Saved data entries:

-- ===== src/Trading/Doubles.antt =====
-- What the code uses of `double`: the conversion of integers, arithmetic and comparison.
pub mod Whole
use zquant_system.Prelude.{Bool}
use zquant_system.Prelude.Int.{ℤ}

pub record Doubles (Double : Type 0) : Type 0 where
  pub of_int : ℤ → Double
  pub half : Double
  pub add : Double → Double → Double
  pub sub : Double → Double → Double
  pub mul : Double → Double → Double
  pub div : Double → Double → Double
  -- `a < b`.
  pub less : Double → Double → Bool
  -- `a >= b`.
  pub at_least : Double → Double → Bool
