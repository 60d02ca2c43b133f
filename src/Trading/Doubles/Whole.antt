-- ===== src/Trading/Doubles/Whole.antt =====
-- Integers in the place of doubles.
use zquant_system.Prelude.{not}
use zquant_system.Prelude.Int.{ℤ, pos, ◌+ℤ◌, ◌-ℤ◌, ◌*ℤ◌, ltb_ℤ}
use zquant_system.Trading.Doubles.{Doubles}

abbrev pub whole : Doubles ℤ
whole = record {
  of_int = λ a. a;
  half = pos 1;
  add = λ a b. a +ℤ b;
  sub = λ a b. a -ℤ b;
  mul = λ a b. a *ℤ b;
  div = λ a b. a;
  less = ltb_ℤ;
  at_least = λ a b. not (ltb_ℤ a b);
}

**Directions**
Tally every line of the data that includes "Trading". Report the number and nothing more.

**Answer box**
4